(RECORD SET)
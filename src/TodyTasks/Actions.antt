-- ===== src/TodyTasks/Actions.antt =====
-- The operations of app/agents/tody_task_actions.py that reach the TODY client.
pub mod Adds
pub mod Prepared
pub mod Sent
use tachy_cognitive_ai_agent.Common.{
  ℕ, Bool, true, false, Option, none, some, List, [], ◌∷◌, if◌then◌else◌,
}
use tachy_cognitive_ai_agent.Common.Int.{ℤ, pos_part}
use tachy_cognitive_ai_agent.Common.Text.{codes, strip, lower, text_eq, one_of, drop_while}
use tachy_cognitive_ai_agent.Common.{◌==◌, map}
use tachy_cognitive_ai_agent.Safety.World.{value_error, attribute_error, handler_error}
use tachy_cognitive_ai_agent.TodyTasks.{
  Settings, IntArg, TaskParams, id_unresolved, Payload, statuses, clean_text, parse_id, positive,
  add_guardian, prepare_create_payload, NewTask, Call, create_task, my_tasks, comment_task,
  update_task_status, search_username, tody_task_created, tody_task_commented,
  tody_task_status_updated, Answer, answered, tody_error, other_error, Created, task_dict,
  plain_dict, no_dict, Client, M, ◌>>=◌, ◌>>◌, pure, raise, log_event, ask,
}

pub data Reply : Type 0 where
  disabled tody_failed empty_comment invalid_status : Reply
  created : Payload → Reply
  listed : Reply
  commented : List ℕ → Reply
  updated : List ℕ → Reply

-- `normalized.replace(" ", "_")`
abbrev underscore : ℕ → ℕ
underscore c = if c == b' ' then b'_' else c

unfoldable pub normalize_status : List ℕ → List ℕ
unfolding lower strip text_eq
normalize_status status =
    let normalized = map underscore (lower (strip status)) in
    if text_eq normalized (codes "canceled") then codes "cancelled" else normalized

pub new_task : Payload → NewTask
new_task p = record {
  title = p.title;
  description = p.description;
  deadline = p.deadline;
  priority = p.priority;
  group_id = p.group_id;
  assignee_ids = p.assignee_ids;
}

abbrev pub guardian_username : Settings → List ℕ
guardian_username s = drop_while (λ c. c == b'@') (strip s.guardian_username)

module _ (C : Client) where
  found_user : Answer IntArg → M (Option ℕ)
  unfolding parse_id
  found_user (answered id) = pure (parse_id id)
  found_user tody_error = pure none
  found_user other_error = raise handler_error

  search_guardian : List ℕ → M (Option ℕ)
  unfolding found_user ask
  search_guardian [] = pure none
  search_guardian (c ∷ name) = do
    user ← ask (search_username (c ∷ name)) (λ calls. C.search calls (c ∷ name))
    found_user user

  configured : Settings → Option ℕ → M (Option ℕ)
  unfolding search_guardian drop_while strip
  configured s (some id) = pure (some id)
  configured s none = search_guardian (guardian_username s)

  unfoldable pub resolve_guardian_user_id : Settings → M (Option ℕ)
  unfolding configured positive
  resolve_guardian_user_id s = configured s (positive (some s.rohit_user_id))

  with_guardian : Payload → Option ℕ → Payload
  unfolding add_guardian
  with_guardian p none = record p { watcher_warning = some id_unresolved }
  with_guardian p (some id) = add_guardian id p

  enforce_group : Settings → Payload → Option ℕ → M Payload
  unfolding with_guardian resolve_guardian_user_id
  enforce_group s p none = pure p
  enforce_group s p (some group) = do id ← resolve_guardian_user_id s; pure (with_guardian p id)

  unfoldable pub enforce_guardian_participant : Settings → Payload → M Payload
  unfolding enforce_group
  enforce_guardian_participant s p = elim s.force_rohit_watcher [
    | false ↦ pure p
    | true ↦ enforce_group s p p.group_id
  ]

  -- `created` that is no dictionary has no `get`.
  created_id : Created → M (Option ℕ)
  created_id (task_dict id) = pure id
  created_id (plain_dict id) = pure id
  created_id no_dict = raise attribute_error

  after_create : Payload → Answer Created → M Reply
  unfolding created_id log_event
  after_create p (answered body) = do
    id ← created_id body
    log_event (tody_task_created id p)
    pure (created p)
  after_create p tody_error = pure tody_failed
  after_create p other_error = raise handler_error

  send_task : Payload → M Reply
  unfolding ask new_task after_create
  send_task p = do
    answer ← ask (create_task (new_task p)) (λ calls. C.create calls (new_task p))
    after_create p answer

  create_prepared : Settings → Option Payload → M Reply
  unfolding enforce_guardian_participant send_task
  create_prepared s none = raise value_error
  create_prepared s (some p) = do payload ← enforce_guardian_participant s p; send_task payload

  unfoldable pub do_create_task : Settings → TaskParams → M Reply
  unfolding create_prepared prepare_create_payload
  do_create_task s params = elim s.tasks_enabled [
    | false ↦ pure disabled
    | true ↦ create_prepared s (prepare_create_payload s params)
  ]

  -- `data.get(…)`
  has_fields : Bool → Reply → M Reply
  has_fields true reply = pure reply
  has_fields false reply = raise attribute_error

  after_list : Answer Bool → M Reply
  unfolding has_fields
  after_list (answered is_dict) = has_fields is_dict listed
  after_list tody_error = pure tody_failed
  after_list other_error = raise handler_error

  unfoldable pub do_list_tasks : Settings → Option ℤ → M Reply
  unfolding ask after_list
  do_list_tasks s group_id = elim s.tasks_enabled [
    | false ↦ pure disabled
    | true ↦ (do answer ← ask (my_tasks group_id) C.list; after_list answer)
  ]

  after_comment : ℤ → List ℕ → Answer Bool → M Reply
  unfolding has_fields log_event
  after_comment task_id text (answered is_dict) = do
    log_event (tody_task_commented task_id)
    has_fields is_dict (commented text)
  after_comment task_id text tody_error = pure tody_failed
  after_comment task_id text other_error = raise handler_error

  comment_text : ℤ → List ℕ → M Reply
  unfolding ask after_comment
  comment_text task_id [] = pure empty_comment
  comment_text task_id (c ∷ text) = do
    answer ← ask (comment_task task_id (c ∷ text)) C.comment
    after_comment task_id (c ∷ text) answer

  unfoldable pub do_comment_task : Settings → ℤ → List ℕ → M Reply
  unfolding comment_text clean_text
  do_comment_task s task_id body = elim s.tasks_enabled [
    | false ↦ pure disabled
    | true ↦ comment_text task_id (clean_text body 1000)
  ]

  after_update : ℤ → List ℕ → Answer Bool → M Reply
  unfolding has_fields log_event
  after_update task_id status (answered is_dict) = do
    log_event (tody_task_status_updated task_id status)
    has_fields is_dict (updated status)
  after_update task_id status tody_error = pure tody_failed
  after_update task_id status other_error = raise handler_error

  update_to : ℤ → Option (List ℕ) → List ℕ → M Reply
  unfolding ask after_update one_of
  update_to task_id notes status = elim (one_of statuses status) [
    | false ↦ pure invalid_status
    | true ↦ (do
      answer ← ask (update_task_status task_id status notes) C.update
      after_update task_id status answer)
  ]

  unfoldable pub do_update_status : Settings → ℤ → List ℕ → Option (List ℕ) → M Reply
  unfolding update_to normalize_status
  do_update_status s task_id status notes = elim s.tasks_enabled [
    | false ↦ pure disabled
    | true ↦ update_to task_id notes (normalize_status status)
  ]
(End RECORD SET)
▸ EXERCISE BRIEF
Write down, word for word, the lines above from the one containing "configured : Settings" through the one containing "with_guardian p (some", both ends included.

▸ WRITTEN SOLUTION
  configured : Settings → Option ℕ → M (Option ℕ)
  unfolding search_guardian drop_while strip
  configured s (some id) = pure (some id)
  configured s none = search_guardian (guardian_username s)

  unfoldable pub resolve_guardian_user_id : Settings → M (Option ℕ)
  unfolding configured positive
  resolve_guardian_user_id s = configured s (positive (some s.rohit_user_id))

  with_guardian : Payload → Option ℕ → Payload
  unfolding add_guardian
  with_guardian p none = record p { watcher_warning = some id_unresolved }
  with_guardian p (some id) = add_guardian id p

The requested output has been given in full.